Building the BPMN model

Adding this DMN table to a BPMN model lets us expand the scope of this invaluable process by letting us integrate other systems and also address different responses depending on the results. In this case, I wanted to add a bunch more features.

  1. A front end where people could enter the data for the table to use
  2. A way to suggest a local beer that suited the beer style we’re suggesting
  3. Email integration so that results can be sent back to the user
Bpmn-beer-recommendations-camunda

The start event will host a front end, and the data gathered there is passed to the DMN table via the “Decide on Beer Style” task—and then the interesting stuff happens.

If the DMN table did manage to find a beer for you, I use the OpenAI Connector to ask ChatGPT to suggest places to find nearby beers in that style. If not, you can trust ChatGPT to suggest an alternative. 👌

In both cases, then an email is sent using the SendGrid Connector with the suggested beverage.

Building a front end

At the start, we need to capture a bunch of data—not just the information used to decide on the beer style, but where they find the beer locally, as well as an email address so I can send the information back to the user. I used the form builder to create this pretty simple form that gathers everything we need.

Beer-recommendation-frontend

Deploy and Run

Now all that’s left is to follow the deployment instructions in the project’s readme file and give it a spin.
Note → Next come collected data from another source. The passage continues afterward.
-- ===== src/Transfers/Uploading.antt =====
-- personal_mcp/file_transfer.py: the chunks and the end of an upload refine Spec.
use unified_personal_mcp.Prelude.{
  stop, ℕ, suc, ◌+◌, ◌≤◌, ◌≡◌, refl, sym, ap, String, true, not, ◌&&◌, ◌||◌, Option, none, some,
  List, [], ◌∷◌, ◌++◌, ◌==◌, arith, inl, inr, eq_iff, eqb, ltb, leb, ltb→ge, eqb→eq, length, take,
  drop, is_some, if-cases, Option-cases,
}
use unified_personal_mcp.Table.{select_one, update, delete, delete-absent}
use unified_personal_mcp.Transfers.State.{
  ok, Transfer, Created, Committed, Limits, Manager, Look, given, fitting, Args, committed,
}
use unified_personal_mcp.Transfers.Cache.{World, has_key, remove_staged}
use unified_personal_mcp.Transfers.Steps.{not_some}
use unified_personal_mcp.Transfers.Blocks.{copy-all}
use unified_personal_mcp.Transfers.Spec.{
  Aim, writing, committing, advanced, created, recorded, Steps, one_step, Steps-trans,
}
use unified_personal_mcp.Transfers.Upload.{is_created, target, open_staged}
use unified_personal_mcp.Transfers.Upload.Chunks.{
  same_bytes, place_chunk, decoded_chunk, chunk_at, upload_chunk,
}
use unified_personal_mcp.Transfers.Upload.Commit.{
  copy, is_target, record_commit, link_copy, commit_content, upload_commit,
}
use unified_personal_mcp.Transfers.Refines.{
  Result-cases, Goes, Replies, Goes-and_then, Goes-remove_staged,
}

target-path :
    (path : Option String) (parent : Option ℕ) (look : Look)
    → is_target path parent look ≡ true
    → path ≡ some look.path
target-path (some path) (some parent) look h =
    let same_path : look.path ≡ path = (eq_iff look.path path).0 (ground arith) in
    ap some (sym same_path)
target-path (some path) none look h = cc
target-path none parent look h = cc

module _ (w : World) (l : Limits) (aim : Aim) where
  -- The transfer that a call works on.
  module _ (t : Transfer) (m : Manager) (found : select_one (has_key t.key) m.transfers ≡ some t)
      (writes : aim ≡ writing t) where
    Goes-place_chunk :
        (offset : ℕ) (bytes : List ℕ)
        → offset + length bytes ≤ t.size
        → Goes w l aim m (place_chunk w l t offset bytes m)
    unfolding place_chunk
    Goes-place_chunk offset bytes fits =
        let at_end = ltb offset t.next_offset && leb (offset + length bytes) t.next_offset in
        elim (Option-cases (open_staged w t m)) [
          | inl e ↦
              rw (e, place_chunk)
                (if-cases (Replies w l aim m) (at_end || eqb offset t.next_offset)
                  (λ _. stop m m refl) (λ _. stop m m refl))
          | inr (f, e) ↦
              rw (e, place_chunk)
                (if-cases (Replies w l aim m) at_end
                  (λ _.
                    if-cases (Replies w l aim m)
                      (same_bytes (take (length bytes) (drop offset f.content)) bytes)
                      (λ _. stop m m refl) (λ _. stop m m refl))
                  (λ _.
                    if-cases (Replies w l aim m) (not (eqb offset t.next_offset))
                      (λ _. stop m m refl)
                      (λ _.
                        one_step w l aim m _
                          (advanced t (offset + length bytes) writes found fits refl refl))))
        ]

    Goes-chunk_at :
        (offset : ℕ) (encoded : String) → Goes w l aim m (chunk_at w l t offset encoded m)
    unfolding chunk_at
    Goes-chunk_at offset encoded = elim (Result-cases (decoded_chunk w l encoded)) [
      | inl (code, e) ↦ rw (e, chunk_at) (stop m m refl)
      | inr (bytes, e) ↦
          rw (e, chunk_at)
            (if-cases (Replies w l aim m) (ltb t.size (offset + length bytes)) (λ _. stop m m refl)
              (λ fits. Goes-place_chunk offset bytes (ltb→ge _ _ fits)))
    ]

    pub Goes-upload_chunk : (args : Args) → Goes w l aim m (upload_chunk w l t args m)
    unfolding upload_chunk
    Goes-upload_chunk args =
        if-cases (Replies w l aim m) (is_some t.committed) (λ _. stop m m refl)
          (λ _. elim (Option-cases (fitting args.offset)) [
            | inl e ↦ rw e (stop m m refl)
            | inr (offset, e) ↦ elim (Option-cases (fitting args.data_base64)) [
              | inl f ↦ rw (e, f) (stop m m refl)
              | inr (encoded, f) ↦ rw (e, f) (Goes-chunk_at offset encoded)
            ]
          ])

  Goes-record_commit :
      (t : Transfer) (display : String) (m : Manager)
      → aim ≡ committing t
      → Goes w l aim m (record_commit w t display m)
  unfolding record_commit
  Goes-record_commit t display m commits =
      let finished : Committed = record {
        transfer_id = t.key;
        path = display;
        size = t.size;
        sha256 = t.sha256;
      } in
      let marked : Manager = record m {
        transfers =
            update (has_key t.key) (λ u. record u { committed = some finished }) m.transfers;
      } in
      Goes-and_then w l aim m (remove_staged w t.staged marked)
        (λ _ after. (ok (committed finished), after))
        (Steps-trans w l aim m marked _
          (one_step w l aim m marked (recorded t finished commits refl refl))
          (Goes-remove_staged w l aim t.staged marked))
        (λ _ n _. stop n n refl)

  module _ (t : Transfer) (m : Manager) (found : select_one (has_key t.key) m.transfers ≡ some t)
      (commits : aim ≡ committing t) (fresh : t.committed ≡ none) (whole : t.next_offset ≡ t.size)
      (content : List ℕ) (declared : (w.codec.sha256 content == t.sha256) ≡ true)
      (blocks : 1 ≤ l.chunk_bytes) where
    Goes-link_copy :
        (look : Look) → t.target ≡ some look.path → Goes w l aim m (link_copy w l t content look m)
    unfolding link_copy
    Goes-link_copy look aimed =
        let f : Created = record {
          path = look.path;
          content = copy (suc (length content)) l.chunk_bytes content;
        } in
        let linked : Manager = record m {
          project = delete (is_created look.path) m.project ++ f ∷ [];
        } in
        if-cases (Replies w l aim m) (not w.copies) (λ _. stop m m refl)
          (λ _.
            if-cases (Replies w l aim m)
              (w.link_taken || is_some (select_one (is_created look.path) m.project))
              (λ _. stop m m refl)
              (λ free.
                let exact : (w.codec.sha256 f.content == t.sha256) ≡ true =
                  rw (copy-all (suc (length content)) l.chunk_bytes content blocks (omega arith))
                    declared in
                let absent : select_one (is_created look.path) m.project ≡ none =
                  not_some (select_one (is_created look.path) m.project) (ground arith) in
                let link : Steps w l aim m linked = one_step w l aim m linked (
                  created t f commits found fresh whole aimed exact absent refl (
                    ap (λ fs. fs ++ f ∷ [])
                      (delete-absent (is_created look.path) m.project absent))) in
                if-cases (Replies w l aim m) w.unlinks_temporary
                  (λ _.
                    Steps-trans w l aim m linked _ link
                      (Goes-record_commit t look.display linked commits))
                  (λ _. link)))

    Goes-commit_content : Goes w l aim m (commit_content w l t content m)
    unfolding commit_content
    Goes-commit_content = elim (Result-cases (target w.look (given t.path) m.project)) [
      | inl (code, e) ↦ rw (e, commit_content) (stop m m refl)
      | inr (first, e) ↦
          rw (e, commit_content)
            (if-cases (Replies w l aim m) (not (is_target t.target t.parent_identity first))
              (λ _. stop m m refl)
              (λ _. elim (Result-cases (target w.look_again (given t.path) m.project)) [
                | inl (code, f) ↦ rw f (stop m m refl)
                | inr (again, f) ↦ rw f (
                    if-cases (Replies w l aim m) (not (is_target t.target t.parent_identity again))
                      (λ _. stop m m refl)
                      (λ aimed.
                        Goes-link_copy (record again { display = first.display })
                          (target-path t.target t.parent_identity again (ground arith))))
              ]))
    ]

  pub Goes-upload_commit :
      (t : Transfer) (m : Manager)
      → 1 ≤ l.chunk_bytes
      → select_one (has_key t.key) m.transfers ≡ some t
      → aim ≡ committing t
      → Goes w l aim m (upload_commit w l t m)
  unfolding upload_commit
  Goes-upload_commit t m blocks found commits = elim (Option-cases t.committed) [
    | inr (finished, e) ↦ rw (e, upload_commit) (stop m m refl)
    | inl fresh ↦
        rw (fresh, upload_commit)
          (if-cases (Replies w l aim m) (not (eqb t.next_offset t.size)) (λ _. stop m m refl)
            (λ whole. elim (Option-cases (open_staged w t m)) [
              | inl e ↦ rw e (stop m m refl)
              | inr (f, e) ↦ rw e (
                  if-cases (Replies w l aim m) (not (w.codec.sha256 f.content == t.sha256))
                    (λ _. stop m m refl)
                    (λ declared.
                      Goes-commit_content t m found commits fresh (eqb→eq _ _ (ground arith))
                        f.content (ground arith) blocks))
            ]))
  ]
You can start the process from Tasklist by filling in the start form.

Deploy-process

You can then go to Operate to view the progress of the process as well as the process variables.

Monitor-process

But you can also drill down into the DMN table to see exactly how the rules performed. In this case, we can see that Reb Brown appears to have landed two styles, Wheat Beer and Belgian Ale—both of which are great, of course.

Image1

Finally, Reb can check his email to find some suggestions on where to get beers in his chosen styles in Dublin where he definitely lives, because he is indeed a real person.

Beer-suggestions-email

Finally…

You can find the project in all its glory right here where you can clone it and run it for yourself. You can also skip all that and get right to the beer by filling out the start form. Like magic,your beer options will appear in your mailbox.

Prost to Oktober! 🍻

Notable Replies
  1. if you disagree with any of the rules here feel free to create an issue which I will likely ignore because I’m right and you’re wrong

    LOL :smiley: :heart:

    The OpenAI Connector is indeed a useful one.